» What is being asked
Each record that follows is to be output in full, precisely as written.

» Data
◇ ◇ ◇ ◇ ◇
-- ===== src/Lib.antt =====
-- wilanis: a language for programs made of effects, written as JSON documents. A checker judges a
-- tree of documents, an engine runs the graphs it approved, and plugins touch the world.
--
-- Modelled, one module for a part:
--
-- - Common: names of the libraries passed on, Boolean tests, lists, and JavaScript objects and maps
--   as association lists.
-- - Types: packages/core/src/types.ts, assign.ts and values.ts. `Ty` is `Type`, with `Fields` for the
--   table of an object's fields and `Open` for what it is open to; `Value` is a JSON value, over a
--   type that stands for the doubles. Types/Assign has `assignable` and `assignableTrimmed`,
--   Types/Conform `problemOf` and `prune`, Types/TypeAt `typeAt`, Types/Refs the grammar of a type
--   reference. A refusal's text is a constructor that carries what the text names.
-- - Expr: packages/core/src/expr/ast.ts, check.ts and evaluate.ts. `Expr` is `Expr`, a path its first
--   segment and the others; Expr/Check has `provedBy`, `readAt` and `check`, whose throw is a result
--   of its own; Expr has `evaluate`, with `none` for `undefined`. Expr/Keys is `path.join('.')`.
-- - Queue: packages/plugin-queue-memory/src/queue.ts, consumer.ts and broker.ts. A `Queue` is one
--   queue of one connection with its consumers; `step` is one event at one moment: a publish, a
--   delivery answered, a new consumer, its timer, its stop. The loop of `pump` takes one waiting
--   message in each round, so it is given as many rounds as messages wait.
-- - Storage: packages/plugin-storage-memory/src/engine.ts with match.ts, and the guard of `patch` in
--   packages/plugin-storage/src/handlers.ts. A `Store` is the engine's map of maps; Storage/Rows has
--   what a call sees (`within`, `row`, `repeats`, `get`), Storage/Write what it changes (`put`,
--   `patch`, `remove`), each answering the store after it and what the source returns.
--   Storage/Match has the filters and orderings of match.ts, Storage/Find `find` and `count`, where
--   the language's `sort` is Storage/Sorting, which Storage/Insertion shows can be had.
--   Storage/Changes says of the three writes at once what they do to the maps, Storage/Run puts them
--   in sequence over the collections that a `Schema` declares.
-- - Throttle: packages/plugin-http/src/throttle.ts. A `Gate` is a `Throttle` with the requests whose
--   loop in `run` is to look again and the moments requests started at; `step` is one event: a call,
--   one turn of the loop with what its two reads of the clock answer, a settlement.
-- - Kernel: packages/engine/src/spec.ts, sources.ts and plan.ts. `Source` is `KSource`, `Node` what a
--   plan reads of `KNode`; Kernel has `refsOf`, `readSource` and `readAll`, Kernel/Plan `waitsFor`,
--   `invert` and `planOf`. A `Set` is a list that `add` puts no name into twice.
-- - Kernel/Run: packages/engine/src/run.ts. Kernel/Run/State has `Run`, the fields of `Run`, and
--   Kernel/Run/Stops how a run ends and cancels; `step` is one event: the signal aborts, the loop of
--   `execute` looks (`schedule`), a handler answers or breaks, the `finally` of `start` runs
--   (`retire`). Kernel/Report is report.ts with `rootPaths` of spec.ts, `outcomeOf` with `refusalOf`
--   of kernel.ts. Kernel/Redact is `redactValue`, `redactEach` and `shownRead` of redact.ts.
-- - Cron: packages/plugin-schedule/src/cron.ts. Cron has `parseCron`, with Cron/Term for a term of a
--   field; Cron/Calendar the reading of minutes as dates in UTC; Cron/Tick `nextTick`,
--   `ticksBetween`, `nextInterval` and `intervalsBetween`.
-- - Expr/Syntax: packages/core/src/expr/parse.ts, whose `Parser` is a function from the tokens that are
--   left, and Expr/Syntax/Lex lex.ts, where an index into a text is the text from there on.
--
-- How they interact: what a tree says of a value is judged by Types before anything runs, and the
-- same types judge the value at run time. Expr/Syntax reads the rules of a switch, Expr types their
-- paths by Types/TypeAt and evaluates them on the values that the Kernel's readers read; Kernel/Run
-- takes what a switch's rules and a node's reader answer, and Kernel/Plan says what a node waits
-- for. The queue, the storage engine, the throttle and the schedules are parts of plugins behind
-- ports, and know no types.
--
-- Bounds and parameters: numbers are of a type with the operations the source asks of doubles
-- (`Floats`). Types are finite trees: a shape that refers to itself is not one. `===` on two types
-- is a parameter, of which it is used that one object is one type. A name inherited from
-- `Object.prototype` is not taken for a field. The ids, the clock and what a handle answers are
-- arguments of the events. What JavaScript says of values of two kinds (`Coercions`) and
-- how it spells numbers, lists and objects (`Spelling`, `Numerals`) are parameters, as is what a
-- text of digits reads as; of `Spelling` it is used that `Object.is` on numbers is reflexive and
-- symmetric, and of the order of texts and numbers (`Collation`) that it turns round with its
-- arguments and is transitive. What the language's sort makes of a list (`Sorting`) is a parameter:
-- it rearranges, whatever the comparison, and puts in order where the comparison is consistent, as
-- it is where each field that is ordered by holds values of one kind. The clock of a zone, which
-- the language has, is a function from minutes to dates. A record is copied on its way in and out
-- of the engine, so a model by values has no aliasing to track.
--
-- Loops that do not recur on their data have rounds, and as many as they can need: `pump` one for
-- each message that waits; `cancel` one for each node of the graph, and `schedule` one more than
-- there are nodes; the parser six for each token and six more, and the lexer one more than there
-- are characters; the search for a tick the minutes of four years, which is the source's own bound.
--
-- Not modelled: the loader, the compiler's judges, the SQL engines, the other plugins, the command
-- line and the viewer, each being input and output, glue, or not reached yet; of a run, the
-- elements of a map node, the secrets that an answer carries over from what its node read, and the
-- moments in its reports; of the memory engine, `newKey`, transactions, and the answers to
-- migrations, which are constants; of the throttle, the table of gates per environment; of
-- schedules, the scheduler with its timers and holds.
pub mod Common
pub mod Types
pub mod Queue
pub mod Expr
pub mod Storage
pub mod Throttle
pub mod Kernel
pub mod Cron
◇ ◇ ◇ ◇ ◇
» Output below
-- ===== src/Lib.antt =====
-- wilanis: a language for programs made of effects, written as JSON documents. A checker judges a
-- tree of documents, an engine runs the graphs it approved, and plugins touch the world.
--
-- Modelled, one module for a part:
--
-- - Common: names of the libraries passed on, Boolean tests, lists, and JavaScript objects and maps
--   as association lists.
-- - Types: packages/core/src/types.ts, assign.ts and values.ts. `Ty` is `Type`, with `Fields` for the
--   table of an object's fields and `Open` for what it is open to; `Value` is a JSON value, over a
--   type that stands for the doubles. Types/Assign has `assignable` and `assignableTrimmed`,
--   Types/Conform `problemOf` and `prune`, Types/TypeAt `typeAt`, Types/Refs the grammar of a type
--   reference. A refusal's text is a constructor that carries what the text names.
-- - Expr: packages/core/src/expr/ast.ts, check.ts and evaluate.ts. `Expr` is `Expr`, a path its first
--   segment and the others; Expr/Check has `provedBy`, `readAt` and `check`, whose throw is a result
--   of its own; Expr has `evaluate`, with `none` for `undefined`. Expr/Keys is `path.join('.')`.
-- - Queue: packages/plugin-queue-memory/src/queue.ts, consumer.ts and broker.ts. A `Queue` is one
--   queue of one connection with its consumers; `step` is one event at one moment: a publish, a
--   delivery answered, a new consumer, its timer, its stop. The loop of `pump` takes one waiting
--   message in each round, so it is given as many rounds as messages wait.
-- - Storage: packages/plugin-storage-memory/src/engine.ts with match.ts, and the guard of `patch` in
--   packages/plugin-storage/src/handlers.ts. A `Store` is the engine's map of maps; Storage/Rows has
--   what a call sees (`within`, `row`, `repeats`, `get`), Storage/Write what it changes (`put`,
--   `patch`, `remove`), each answering the store after it and what the source returns.
--   Storage/Match has the filters and orderings of match.ts, Storage/Find `find` and `count`, where
--   the language's `sort` is Storage/Sorting, which Storage/Insertion shows can be had.
--   Storage/Changes says of the three writes at once what they do to the maps, Storage/Run puts them
--   in sequence over the collections that a `Schema` declares.
-- - Throttle: packages/plugin-http/src/throttle.ts. A `Gate` is a `Throttle` with the requests whose
--   loop in `run` is to look again and the moments requests started at; `step` is one event: a call,
--   one turn of the loop with what its two reads of the clock answer, a settlement.
-- - Kernel: packages/engine/src/spec.ts, sources.ts and plan.ts. `Source` is `KSource`, `Node` what a
--   plan reads of `KNode`; Kernel has `refsOf`, `readSource` and `readAll`, Kernel/Plan `waitsFor`,
--   `invert` and `planOf`. A `Set` is a list that `add` puts no name into twice.
-- - Kernel/Run: packages/engine/src/run.ts. Kernel/Run/State has `Run`, the fields of `Run`, and
--   Kernel/Run/Stops how a run ends and cancels; `step` is one event: the signal aborts, the loop of
--   `execute` looks (`schedule`), a handler answers or breaks, the `finally` of `start` runs
--   (`retire`). Kernel/Report is report.ts with `rootPaths` of spec.ts, `outcomeOf` with `refusalOf`
--   of kernel.ts. Kernel/Redact is `redactValue`, `redactEach` and `shownRead` of redact.ts.
-- - Cron: packages/plugin-schedule/src/cron.ts. Cron has `parseCron`, with Cron/Term for a term of a
--   field; Cron/Calendar the reading of minutes as dates in UTC; Cron/Tick `nextTick`,
--   `ticksBetween`, `nextInterval` and `intervalsBetween`.
-- - Expr/Syntax: packages/core/src/expr/parse.ts, whose `Parser` is a function from the tokens that are
--   left, and Expr/Syntax/Lex lex.ts, where an index into a text is the text from there on.
--
-- How they interact: what a tree says of a value is judged by Types before anything runs, and the
-- same types judge the value at run time. Expr/Syntax reads the rules of a switch, Expr types their
-- paths by Types/TypeAt and evaluates them on the values that the Kernel's readers read; Kernel/Run
-- takes what a switch's rules and a node's reader answer, and Kernel/Plan says what a node waits
-- for. The queue, the storage engine, the throttle and the schedules are parts of plugins behind
-- ports, and know no types.
--
-- Bounds and parameters: numbers are of a type with the operations the source asks of doubles
-- (`Floats`). Types are finite trees: a shape that refers to itself is not one. `===` on two types
-- is a parameter, of which it is used that one object is one type. A name inherited from
-- `Object.prototype` is not taken for a field. The ids, the clock and what a handle answers are
-- arguments of the events. What JavaScript says of values of two kinds (`Coercions`) and
-- how it spells numbers, lists and objects (`Spelling`, `Numerals`) are parameters, as is what a
-- text of digits reads as; of `Spelling` it is used that `Object.is` on numbers is reflexive and
-- symmetric, and of the order of texts and numbers (`Collation`) that it turns round with its
-- arguments and is transitive. What the language's sort makes of a list (`Sorting`) is a parameter:
-- it rearranges, whatever the comparison, and puts in order where the comparison is consistent, as
-- it is where each field that is ordered by holds values of one kind. The clock of a zone, which
-- the language has, is a function from minutes to dates. A record is copied on its way in and out
-- of the engine, so a model by values has no aliasing to track.
--
-- Loops that do not recur on their data have rounds, and as many as they can need: `pump` one for
-- each message that waits; `cancel` one for each node of the graph, and `schedule` one more than
-- there are nodes; the parser six for each token and six more, and the lexer one more than there
-- are characters; the search for a tick the minutes of four years, which is the source's own bound.
--
-- Not modelled: the loader, the compiler's judges, the SQL engines, the other plugins, the command
-- line and the viewer, each being input and output, glue, or not reached yet; of a run, the
-- elements of a map node, the secrets that an answer carries over from what its node read, and the
-- moments in its reports; of the memory engine, `newKey`, transactions, and the answers to
-- migrations, which are constants; of the throttle, the table of gates per environment; of
-- schedules, the scheduler with its timers and holds.
pub mod Common
pub mod Types
pub mod Queue
pub mod Expr
pub mod Storage
pub mod Throttle
pub mod Kernel
pub mod Cron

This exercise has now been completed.